BEGIN Records supplied

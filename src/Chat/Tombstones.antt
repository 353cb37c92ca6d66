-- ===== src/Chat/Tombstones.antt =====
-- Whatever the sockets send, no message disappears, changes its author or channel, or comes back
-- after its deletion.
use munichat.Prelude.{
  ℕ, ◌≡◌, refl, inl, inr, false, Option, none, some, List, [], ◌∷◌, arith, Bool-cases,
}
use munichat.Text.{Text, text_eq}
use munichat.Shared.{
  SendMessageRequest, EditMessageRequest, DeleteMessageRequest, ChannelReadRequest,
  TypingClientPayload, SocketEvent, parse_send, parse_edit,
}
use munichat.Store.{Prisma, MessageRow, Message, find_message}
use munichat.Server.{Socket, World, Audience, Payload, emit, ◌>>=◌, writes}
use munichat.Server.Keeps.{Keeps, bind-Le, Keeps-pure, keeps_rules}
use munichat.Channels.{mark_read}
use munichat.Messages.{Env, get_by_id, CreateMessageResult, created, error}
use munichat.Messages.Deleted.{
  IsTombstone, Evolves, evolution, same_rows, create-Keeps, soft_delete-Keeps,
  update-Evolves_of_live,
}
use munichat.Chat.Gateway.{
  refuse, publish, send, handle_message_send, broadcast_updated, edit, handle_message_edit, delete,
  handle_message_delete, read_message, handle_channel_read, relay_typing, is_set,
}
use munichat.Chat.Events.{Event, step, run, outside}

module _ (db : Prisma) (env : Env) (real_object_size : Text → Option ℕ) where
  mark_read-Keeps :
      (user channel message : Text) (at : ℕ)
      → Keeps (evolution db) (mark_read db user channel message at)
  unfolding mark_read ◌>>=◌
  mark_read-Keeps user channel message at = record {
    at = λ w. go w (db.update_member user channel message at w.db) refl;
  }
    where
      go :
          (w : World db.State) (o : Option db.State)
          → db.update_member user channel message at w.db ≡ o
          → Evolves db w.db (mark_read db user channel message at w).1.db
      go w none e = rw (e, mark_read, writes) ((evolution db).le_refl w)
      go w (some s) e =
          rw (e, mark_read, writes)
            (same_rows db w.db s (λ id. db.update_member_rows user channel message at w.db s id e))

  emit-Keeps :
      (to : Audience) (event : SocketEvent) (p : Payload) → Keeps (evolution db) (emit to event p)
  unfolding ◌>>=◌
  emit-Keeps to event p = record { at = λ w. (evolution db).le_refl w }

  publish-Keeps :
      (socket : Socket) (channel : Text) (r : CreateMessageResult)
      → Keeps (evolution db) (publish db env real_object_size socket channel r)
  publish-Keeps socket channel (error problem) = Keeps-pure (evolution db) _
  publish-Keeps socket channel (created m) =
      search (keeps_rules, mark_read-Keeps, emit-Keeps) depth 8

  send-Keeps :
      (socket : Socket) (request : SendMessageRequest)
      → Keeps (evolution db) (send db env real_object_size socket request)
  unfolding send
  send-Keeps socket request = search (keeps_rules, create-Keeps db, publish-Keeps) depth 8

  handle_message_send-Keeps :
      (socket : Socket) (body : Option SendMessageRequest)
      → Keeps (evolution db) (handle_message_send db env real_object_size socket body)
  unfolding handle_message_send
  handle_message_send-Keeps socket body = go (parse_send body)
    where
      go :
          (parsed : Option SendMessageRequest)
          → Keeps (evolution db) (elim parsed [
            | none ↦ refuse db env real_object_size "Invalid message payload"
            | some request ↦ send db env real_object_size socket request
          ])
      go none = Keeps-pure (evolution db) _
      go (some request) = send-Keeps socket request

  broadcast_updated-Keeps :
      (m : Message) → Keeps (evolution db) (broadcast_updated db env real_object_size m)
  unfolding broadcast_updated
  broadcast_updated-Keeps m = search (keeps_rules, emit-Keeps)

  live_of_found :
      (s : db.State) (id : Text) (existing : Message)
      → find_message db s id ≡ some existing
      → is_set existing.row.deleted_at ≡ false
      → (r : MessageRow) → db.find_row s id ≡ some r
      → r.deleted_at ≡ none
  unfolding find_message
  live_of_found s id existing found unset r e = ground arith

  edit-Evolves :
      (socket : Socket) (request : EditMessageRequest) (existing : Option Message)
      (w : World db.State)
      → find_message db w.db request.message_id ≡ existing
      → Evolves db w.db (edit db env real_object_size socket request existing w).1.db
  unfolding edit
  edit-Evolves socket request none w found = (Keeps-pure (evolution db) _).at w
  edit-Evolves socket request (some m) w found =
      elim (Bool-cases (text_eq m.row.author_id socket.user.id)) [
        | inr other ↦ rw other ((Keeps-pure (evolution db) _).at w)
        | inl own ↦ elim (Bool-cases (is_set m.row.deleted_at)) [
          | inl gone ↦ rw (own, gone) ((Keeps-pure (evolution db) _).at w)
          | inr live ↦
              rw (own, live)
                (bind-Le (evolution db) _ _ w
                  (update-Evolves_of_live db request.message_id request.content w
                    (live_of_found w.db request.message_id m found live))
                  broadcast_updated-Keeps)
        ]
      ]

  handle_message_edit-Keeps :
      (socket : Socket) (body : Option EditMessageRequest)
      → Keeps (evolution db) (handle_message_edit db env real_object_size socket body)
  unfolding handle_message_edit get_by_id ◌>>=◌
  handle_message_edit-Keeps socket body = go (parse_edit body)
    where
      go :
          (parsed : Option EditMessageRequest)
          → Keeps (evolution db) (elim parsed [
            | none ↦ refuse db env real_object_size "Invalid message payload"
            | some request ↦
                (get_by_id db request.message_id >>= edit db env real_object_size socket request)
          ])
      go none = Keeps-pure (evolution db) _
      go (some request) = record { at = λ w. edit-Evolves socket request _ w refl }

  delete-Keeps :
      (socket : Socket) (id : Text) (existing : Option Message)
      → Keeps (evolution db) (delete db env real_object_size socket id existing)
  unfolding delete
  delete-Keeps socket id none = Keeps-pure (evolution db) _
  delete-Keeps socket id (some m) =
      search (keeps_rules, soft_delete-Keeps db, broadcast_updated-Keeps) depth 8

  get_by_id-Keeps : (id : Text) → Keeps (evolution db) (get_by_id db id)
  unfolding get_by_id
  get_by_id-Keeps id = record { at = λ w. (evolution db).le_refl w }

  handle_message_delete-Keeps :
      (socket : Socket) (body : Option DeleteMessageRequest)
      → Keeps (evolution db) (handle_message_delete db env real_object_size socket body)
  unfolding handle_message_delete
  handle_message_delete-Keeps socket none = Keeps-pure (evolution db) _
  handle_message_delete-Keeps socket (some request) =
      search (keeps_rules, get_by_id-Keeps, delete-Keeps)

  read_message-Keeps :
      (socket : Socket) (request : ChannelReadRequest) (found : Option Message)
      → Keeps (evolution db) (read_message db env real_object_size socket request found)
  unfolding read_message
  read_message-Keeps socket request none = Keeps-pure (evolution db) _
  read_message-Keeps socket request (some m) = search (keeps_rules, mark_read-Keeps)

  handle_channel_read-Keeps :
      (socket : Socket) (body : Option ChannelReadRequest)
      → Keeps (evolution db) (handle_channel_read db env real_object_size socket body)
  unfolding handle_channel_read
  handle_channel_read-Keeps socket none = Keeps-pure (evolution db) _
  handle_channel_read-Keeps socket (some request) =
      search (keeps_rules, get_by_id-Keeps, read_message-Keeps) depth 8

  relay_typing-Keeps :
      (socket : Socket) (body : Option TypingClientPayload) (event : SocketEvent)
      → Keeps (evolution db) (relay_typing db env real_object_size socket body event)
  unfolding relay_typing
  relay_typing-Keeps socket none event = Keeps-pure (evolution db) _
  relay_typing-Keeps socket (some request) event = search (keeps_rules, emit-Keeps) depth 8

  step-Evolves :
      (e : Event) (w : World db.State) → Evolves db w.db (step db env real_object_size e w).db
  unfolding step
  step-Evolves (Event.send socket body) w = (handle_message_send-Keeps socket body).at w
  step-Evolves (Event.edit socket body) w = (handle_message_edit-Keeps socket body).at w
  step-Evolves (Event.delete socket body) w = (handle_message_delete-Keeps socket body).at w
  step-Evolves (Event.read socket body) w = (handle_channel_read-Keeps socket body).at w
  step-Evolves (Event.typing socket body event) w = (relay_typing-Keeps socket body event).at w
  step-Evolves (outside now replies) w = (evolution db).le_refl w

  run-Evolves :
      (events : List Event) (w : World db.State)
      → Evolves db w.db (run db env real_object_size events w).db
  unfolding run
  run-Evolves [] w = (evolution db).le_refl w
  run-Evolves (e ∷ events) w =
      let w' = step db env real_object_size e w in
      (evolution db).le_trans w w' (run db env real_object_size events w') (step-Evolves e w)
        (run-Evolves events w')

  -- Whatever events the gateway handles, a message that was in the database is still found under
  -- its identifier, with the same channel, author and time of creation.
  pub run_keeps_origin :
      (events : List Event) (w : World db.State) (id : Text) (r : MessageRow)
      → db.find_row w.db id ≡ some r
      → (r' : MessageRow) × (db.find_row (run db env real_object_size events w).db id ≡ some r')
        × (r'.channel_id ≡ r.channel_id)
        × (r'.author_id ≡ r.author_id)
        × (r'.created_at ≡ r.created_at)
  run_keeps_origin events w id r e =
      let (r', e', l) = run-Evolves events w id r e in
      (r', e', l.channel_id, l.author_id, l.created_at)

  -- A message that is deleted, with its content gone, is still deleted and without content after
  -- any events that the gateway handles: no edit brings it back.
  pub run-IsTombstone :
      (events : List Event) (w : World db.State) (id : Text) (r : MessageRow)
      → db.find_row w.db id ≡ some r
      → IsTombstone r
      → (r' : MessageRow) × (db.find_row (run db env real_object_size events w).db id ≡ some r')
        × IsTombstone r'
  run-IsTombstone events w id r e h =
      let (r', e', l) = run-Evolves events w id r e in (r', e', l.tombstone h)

END Records supplied

In the entries above, please find the line with "publish-Keeps socket channel (error" and the line with "(send db env real_object_size socket request)", then write out exactly those two lines and every line between them, and nothing more.

  publish-Keeps socket channel (error problem) = Keeps-pure (evolution db) _
  publish-Keeps socket channel (created m) =
      search (keeps_rules, mark_read-Keeps, emit-Keeps) depth 8

  send-Keeps :
      (socket : Socket) (request : SendMessageRequest)
      → Keeps (evolution db) (send db env real_object_size socket request)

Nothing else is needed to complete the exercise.